Note: Data are expressed as M ± SD with the exception of *data presented as median (IQR). Abbreviations: ao — aortic; BMI — body mass index; br — brachial; CAVI — cardio-­ankle vascular index; DBP — diastolic blood pressure; DI — diurnal index; HTN — hypertension; SBP — systolic blood pressure; mSCORE — total 10-year risk of fatal CVD calculated using the correction factor of 1.5

There were significant differences in AS gradient between subgroups based on increase in aortic SBP or PWV above individual reference values [29], increase in aortic PP ≥ 50 mmHg, increase in CAVI > 9, in CV risk magnitude, the presence of nocturnal HTN, non-dipping, latent HTN (in the clinically normotensive subgroup) (Fig. 2). There were no differences in the level of AS gradient in subgroups based on gender, RF positivity, median CRP or ESR, RA activity by DAS28, radiographic stage, functional class, use of NSAIDs and GC.

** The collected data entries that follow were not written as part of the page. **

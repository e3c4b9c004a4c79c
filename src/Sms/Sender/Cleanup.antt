-- ===== src/Sms/Sender/Cleanup.antt =====
-- Which files `cleanupSMS` removes, and which it never will.
use iot_heater.Prelude.{
  ◌-◌, ◌*◌, ◌<◌, sym, ltb, ℕ, Bool, true, false, [], ◌∷◌, Option, none, some, ◌≡◌, refl, ap, ◌∙◌,
  arith, if◌then◌else◌, Bool-cases, inl, inr,
}
use iot_heater.OrdMap.{Map, find, erase, same, Above, IsSorted}
use iot_heater.OrdMap.Laws.{find-erase, same_iff, find-insert}
use iot_heater.OrdMap.Keys.{str_order}
use iot_heater.Text.{Bytes}
use iot_heater.Sms.Sender.{
  Sender, Sending, filename, outgoing_text, send_sms_file, is_young, remove_old, cleanup_sms_dir,
}

-- The files that the directory still has when a call of `remove` for this name is over, if one is
-- made at all.
abbrev removing : Bool → Bool → Bytes → Map Bytes Bytes → Map Bytes Bytes
removing young ok n files = if young then files else if ok then erase n files else files

-- The step of the loop does not touch another file.
step-other :
    (young ok : Bool) (n name : Bytes) (files : Map Bytes Bytes)
    → same name n ≡ false
    → find name (removing young ok n files) ≡ find name files
step-other true ok n name files ne = refl
step-other false true n name files ne = find-erase name n files ∙ rw ne refl
step-other false false n name files ne = refl

step-same :
    (young ok : Bool) (name : Bytes) (files : Map Bytes Bytes)
    → find name (removing young ok name files)
      ≡ (if young then find name files else if ok then none else find name files)
step-same true ok name files = refl
step-same false true name files = find-erase name name files ∙ rw (str_order.lt_irrefl name) refl
step-same false false name files = refl

-- A file that the list does not name is left.
remove_old-Above :
    (removed : Bytes → Bool) (now : ℕ) (old : Map Bytes ℕ) (files : Map Bytes Bytes) (name : Bytes)
    → Above name old
    → find name (remove_old removed now old files) ≡ find name files
unfolding remove_old
remove_old-Above removed now [] files name a = refl
remove_old-Above removed now ((n, t) ∷ old) files name a =
    remove_old-Above removed now old _ name a.1
    ∙ step-other (is_young now t) (removed n) n name files (ground (arith, a.0))

-- What the loop leaves of a file that the list names.
pub find-remove_old :
    (removed : Bytes → Bool) (now : ℕ) (old : Map Bytes ℕ) (files : Map Bytes Bytes) (name : Bytes)
    (t : ℕ)
    → IsSorted old
    → find name old ≡ some t
    → find name (remove_old removed now old files)
      ≡ (if is_young now t then find name files else if removed name then none else find name files)
unfolding remove_old find
find-remove_old removed now [] files name t s found = absurd (cc)
find-remove_old removed now ((n, u) ∷ old) files name t s found = elim (Bool-cases (same name n)) [
  | inl here ↦
      let e : name ≡ n = (same_iff name n).0 here in
      let time : u ≡ t = ground (arith, found, here) in
      let above : Above name old = rw e s.0 in
      remove_old-Above removed now old _ name above
      ∙ ap (λ (k : Bytes). find name (removing (is_young now u) (removed k) k files)) (sym e)
      ∙ ap (λ (k : ℕ). find name (removing (is_young now k) (removed name) name files)) time
      ∙ step-same (is_young now t) (removed name) name files
  | inr later ↦
      find-remove_old removed now old _ name t s.1 (ground (arith, found, later))
      ∙ ap (λ (o : Option Bytes). if is_young now t then o else if removed name then none else o)
          (step-other (is_young now u) (removed n) n name files later)
]

-- Whole seconds below 900 are less than 15 minutes, in nanoseconds.
is_young-minutes : (now t : ℕ) → is_young now t ≡ ltb (now - t) (15 * 60 * 1_000_000_000)
unfolding is_young
is_young-minutes now t = ground arith

-- For a list in order that names a file with the time it was sent: `cleanupSMS` leaves the file as it
-- is if it was sent less than 15 minutes before, or if `remove` fails on it, and removes it
-- otherwise; the list is empty then.
pub cleanup_sms_dir-minutes :
    (removed : Bytes → Bool) (now : ℕ) (s : Sender) (name : Bytes) (t : ℕ)
    → IsSorted s.old_files
    → find name s.old_files ≡ some t
    → let s' = cleanup_sms_dir removed now s in
      (find name s'.outgoing ≡ (
        if ltb (now - t) (15 * 60 * 1_000_000_000)
        then find name s.outgoing
        else if removed name
        then none
        else find name s.outgoing))
      × (s'.old_files ≡ [])
unfolding cleanup_sms_dir
cleanup_sms_dir-minutes removed now s name t sorted found = (
  find-remove_old removed now s.old_files s.outgoing name t sorted found
      ∙ ap
          (λ (young : Bool).
            if young
            then find name s.outgoing
            else if removed name
            then none
            else find name s.outgoing)
          (is_young-minutes now t),
  refl,
)

-- A file sent less than 15 minutes before a `cleanupSMS` is forgotten by it: no later call removes
-- the file, however late.
pub young-stays :
    (removed removed' : Bytes → Bool) (now later : ℕ) (s : Sender) (name : Bytes) (t : ℕ)
    → IsSorted s.old_files
    → find name s.old_files ≡ some t
    → now - t < 15 * 60 * 1_000_000_000
    → find name (cleanup_sms_dir removed' later (cleanup_sms_dir removed now s)).outgoing
      ≡ find name s.outgoing
unfolding cleanup_sms_dir
young-stays removed removed' now later s name t sorted found young =
    let before : ltb (now - t) 900_000_000_000 ≡ true = ground (arith, young) in
    (unfold remove_old in find-remove_old removed now s.old_files s.outgoing name t sorted found)
    ∙ rw (is_young-minutes now t, before) refl

-- If the module is there and `rename` succeeds, `sendSMS` returns true, puts the message in a file
-- of the next name and lists the file with the time, and changes no other file and no other entry.
pub find-send_sms_file :
    (i : Sending) (to content other : Bytes) (s : Sender)
    → i.present ≡ true
    → i.renamed ≡ true
    → let (s', ok) = send_sms_file i to content s in
      let name = filename i.pid s.counter in
      (ok ≡ true)
      × (find other s'.outgoing
          ≡ (if same other name then some (outgoing_text to content) else find other s.outgoing))
      × (find other s'.old_files ≡ (if same other name then some i.now else find other s.old_files))
unfolding send_sms_file
find-send_sms_file i to content other s present renamed =
    let name = filename i.pid s.counter in
    rw (present, renamed)
      (
        refl,
        find-insert other name (outgoing_text to content) s.outgoing,
        find-insert other name i.now s.old_files,
      )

Fig. 2. AS gradient in RA patients, depending on various parameters.
Note: the significance of differences was tested using the Mann-­Whitney test. Abbreviations: ao — aortic; AS — atherosclerotic; CAVI — cardio-­ankle vascular index; cf — carotid-­femoral; HTN — hypertension; PP — pulse pressure; PWV — pulse wave velocity; SBP — systolic blood pressure.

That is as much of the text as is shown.